» **Task description**
Find the lines below that include the word "ResponseError" and state how many there are, adding nothing.

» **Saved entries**
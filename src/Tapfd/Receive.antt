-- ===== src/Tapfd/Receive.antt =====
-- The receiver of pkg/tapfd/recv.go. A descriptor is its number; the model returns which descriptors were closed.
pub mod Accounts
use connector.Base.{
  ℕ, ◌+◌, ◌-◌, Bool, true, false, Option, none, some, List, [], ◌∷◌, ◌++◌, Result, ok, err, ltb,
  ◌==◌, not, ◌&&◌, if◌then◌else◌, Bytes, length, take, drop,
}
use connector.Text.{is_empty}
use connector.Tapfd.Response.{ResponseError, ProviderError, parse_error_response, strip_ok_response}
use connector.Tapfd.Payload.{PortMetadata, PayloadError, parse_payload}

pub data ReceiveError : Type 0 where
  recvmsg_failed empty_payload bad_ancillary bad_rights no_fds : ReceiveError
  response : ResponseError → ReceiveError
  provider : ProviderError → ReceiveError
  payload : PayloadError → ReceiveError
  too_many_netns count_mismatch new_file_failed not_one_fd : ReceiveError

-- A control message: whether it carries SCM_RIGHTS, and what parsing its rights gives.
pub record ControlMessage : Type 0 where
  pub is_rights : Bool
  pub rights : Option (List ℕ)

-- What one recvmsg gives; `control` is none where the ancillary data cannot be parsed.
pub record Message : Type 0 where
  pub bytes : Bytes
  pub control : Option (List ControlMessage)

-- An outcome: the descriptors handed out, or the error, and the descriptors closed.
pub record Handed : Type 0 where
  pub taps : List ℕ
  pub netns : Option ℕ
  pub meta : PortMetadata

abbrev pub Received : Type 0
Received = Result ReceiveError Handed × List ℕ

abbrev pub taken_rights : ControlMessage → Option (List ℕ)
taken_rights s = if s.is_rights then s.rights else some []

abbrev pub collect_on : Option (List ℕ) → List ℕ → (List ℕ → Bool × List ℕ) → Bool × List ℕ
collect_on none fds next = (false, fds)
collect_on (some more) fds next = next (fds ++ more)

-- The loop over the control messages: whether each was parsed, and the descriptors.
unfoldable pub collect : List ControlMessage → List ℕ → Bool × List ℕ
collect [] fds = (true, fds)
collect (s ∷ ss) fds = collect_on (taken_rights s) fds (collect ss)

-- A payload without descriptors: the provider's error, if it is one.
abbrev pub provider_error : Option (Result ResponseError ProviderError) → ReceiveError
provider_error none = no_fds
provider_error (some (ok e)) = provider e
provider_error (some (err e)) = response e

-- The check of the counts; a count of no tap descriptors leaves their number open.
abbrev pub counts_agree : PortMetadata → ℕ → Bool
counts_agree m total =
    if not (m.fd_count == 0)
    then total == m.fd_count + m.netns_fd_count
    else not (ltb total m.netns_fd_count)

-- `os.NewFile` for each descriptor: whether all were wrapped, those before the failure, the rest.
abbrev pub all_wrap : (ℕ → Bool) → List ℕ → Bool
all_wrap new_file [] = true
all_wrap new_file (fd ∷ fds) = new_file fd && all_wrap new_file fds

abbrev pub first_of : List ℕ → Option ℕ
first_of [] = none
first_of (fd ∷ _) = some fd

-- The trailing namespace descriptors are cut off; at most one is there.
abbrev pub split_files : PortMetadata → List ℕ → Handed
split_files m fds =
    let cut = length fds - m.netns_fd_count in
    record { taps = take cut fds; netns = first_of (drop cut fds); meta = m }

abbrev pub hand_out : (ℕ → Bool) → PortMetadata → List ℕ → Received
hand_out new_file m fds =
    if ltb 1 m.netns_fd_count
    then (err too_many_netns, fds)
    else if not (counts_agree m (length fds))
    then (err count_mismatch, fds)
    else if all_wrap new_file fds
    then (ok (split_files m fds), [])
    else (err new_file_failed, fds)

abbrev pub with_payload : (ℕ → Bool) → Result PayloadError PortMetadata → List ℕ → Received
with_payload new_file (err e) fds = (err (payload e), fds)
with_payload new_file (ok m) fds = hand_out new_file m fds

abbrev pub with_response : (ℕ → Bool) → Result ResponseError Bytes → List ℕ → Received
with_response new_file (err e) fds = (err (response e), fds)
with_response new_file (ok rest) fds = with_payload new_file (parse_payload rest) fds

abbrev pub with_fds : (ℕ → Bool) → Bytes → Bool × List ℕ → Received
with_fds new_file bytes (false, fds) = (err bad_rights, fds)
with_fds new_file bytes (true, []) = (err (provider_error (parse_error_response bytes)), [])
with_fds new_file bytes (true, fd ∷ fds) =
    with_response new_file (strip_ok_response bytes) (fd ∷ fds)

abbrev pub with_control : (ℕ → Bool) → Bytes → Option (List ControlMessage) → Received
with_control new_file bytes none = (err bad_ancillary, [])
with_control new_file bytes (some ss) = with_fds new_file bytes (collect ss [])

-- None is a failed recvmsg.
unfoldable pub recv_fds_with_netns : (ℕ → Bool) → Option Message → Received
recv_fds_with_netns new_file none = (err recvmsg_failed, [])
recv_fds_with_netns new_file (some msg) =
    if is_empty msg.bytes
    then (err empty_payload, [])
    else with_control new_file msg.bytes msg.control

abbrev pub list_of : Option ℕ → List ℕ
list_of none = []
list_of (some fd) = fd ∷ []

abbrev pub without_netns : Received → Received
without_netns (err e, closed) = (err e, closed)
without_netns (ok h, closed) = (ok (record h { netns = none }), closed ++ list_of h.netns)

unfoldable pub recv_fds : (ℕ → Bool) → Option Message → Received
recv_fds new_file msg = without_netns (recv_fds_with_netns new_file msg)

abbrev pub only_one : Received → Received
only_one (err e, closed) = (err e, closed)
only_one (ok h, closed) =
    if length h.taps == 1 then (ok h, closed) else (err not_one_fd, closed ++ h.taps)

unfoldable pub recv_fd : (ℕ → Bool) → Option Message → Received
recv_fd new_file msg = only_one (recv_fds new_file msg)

* * *

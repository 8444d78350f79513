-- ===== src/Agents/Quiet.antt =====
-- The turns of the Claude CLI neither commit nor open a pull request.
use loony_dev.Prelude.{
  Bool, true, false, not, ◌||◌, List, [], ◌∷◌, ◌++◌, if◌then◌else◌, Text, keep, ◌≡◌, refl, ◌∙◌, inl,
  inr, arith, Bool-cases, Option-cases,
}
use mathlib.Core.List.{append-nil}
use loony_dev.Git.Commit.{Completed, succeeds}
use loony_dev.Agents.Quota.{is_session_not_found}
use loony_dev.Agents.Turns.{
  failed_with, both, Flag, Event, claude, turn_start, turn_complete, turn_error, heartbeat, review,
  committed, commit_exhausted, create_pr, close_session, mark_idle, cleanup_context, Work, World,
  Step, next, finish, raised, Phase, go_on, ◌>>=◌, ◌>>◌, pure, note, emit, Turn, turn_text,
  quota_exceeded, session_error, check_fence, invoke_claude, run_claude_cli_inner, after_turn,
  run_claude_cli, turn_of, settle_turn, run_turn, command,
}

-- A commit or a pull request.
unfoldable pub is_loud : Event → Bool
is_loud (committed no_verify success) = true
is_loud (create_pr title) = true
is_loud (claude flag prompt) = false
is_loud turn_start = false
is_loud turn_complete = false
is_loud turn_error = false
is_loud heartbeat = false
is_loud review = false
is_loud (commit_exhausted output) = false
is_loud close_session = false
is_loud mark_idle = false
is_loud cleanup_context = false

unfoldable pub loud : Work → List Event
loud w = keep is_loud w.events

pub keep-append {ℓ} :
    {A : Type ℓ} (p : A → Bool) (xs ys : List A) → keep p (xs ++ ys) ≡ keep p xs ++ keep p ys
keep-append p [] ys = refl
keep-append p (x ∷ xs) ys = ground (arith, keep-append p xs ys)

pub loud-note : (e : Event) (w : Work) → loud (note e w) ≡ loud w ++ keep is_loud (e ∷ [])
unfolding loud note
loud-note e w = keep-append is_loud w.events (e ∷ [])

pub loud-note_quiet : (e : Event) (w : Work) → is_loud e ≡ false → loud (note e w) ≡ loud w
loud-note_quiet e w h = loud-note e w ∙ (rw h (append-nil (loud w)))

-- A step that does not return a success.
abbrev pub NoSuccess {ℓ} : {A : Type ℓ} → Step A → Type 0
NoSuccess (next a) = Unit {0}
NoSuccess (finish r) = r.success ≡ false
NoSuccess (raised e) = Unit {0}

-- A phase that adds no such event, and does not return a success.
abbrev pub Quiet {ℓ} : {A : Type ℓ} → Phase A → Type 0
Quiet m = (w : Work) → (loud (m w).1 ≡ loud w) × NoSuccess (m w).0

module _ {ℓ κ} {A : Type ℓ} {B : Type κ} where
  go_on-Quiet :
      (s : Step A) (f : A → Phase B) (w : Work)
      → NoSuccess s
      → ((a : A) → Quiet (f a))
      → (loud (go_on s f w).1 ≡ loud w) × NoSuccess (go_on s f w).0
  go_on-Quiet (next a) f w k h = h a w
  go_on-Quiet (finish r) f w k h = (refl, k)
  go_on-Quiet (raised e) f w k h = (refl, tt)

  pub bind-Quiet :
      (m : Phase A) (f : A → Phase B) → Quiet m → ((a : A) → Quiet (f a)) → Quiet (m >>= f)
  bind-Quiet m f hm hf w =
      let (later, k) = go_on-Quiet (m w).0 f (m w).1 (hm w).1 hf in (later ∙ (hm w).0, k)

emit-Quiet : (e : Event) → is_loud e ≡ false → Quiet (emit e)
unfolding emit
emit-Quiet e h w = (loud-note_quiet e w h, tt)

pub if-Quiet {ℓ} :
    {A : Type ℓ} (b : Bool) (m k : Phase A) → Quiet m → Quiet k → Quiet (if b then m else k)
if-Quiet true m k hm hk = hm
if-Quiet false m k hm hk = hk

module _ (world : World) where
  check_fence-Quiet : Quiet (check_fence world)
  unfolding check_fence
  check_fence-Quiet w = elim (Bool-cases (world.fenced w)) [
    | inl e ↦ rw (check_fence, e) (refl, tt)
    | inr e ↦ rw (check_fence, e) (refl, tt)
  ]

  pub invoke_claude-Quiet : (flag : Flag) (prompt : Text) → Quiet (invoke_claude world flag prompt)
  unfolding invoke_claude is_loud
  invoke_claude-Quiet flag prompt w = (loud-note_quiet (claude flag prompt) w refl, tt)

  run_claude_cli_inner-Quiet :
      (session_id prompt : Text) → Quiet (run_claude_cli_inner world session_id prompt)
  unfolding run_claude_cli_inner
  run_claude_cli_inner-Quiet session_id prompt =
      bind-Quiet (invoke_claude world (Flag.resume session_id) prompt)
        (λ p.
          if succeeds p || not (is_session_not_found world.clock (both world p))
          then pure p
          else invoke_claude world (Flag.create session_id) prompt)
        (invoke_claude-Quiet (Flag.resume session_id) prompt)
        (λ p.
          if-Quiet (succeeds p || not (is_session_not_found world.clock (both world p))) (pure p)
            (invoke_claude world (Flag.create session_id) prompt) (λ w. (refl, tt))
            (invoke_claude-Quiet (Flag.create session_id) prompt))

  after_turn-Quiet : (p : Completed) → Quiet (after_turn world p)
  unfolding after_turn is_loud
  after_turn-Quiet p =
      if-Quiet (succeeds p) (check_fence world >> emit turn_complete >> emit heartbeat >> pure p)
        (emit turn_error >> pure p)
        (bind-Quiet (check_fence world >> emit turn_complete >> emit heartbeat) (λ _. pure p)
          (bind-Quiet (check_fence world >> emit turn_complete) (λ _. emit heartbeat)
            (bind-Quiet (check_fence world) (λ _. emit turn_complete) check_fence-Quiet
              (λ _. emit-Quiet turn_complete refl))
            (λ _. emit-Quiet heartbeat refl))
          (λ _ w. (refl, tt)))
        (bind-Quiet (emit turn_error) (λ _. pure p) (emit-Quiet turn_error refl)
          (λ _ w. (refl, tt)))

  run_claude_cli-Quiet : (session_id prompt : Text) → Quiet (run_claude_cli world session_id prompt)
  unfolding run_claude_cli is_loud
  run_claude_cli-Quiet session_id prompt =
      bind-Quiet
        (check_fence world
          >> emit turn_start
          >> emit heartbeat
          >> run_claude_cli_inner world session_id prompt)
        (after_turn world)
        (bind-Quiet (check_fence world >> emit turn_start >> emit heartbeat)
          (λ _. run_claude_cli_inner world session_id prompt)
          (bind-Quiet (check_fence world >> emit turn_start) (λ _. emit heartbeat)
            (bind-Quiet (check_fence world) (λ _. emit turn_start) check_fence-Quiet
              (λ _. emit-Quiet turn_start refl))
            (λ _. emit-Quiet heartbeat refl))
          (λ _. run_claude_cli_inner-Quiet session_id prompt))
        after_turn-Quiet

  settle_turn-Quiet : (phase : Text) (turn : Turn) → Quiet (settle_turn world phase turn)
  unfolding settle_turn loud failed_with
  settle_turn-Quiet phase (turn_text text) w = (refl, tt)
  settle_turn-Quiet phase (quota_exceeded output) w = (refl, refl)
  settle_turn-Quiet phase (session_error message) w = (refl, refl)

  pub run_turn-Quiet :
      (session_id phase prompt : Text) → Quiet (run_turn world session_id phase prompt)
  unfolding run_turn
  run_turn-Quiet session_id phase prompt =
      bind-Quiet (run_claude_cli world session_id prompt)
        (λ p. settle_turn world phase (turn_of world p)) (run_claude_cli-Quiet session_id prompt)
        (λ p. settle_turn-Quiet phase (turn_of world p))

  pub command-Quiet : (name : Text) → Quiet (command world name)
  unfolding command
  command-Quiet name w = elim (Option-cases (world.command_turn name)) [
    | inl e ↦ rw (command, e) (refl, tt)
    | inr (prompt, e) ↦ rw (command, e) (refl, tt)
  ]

» **Task response**
4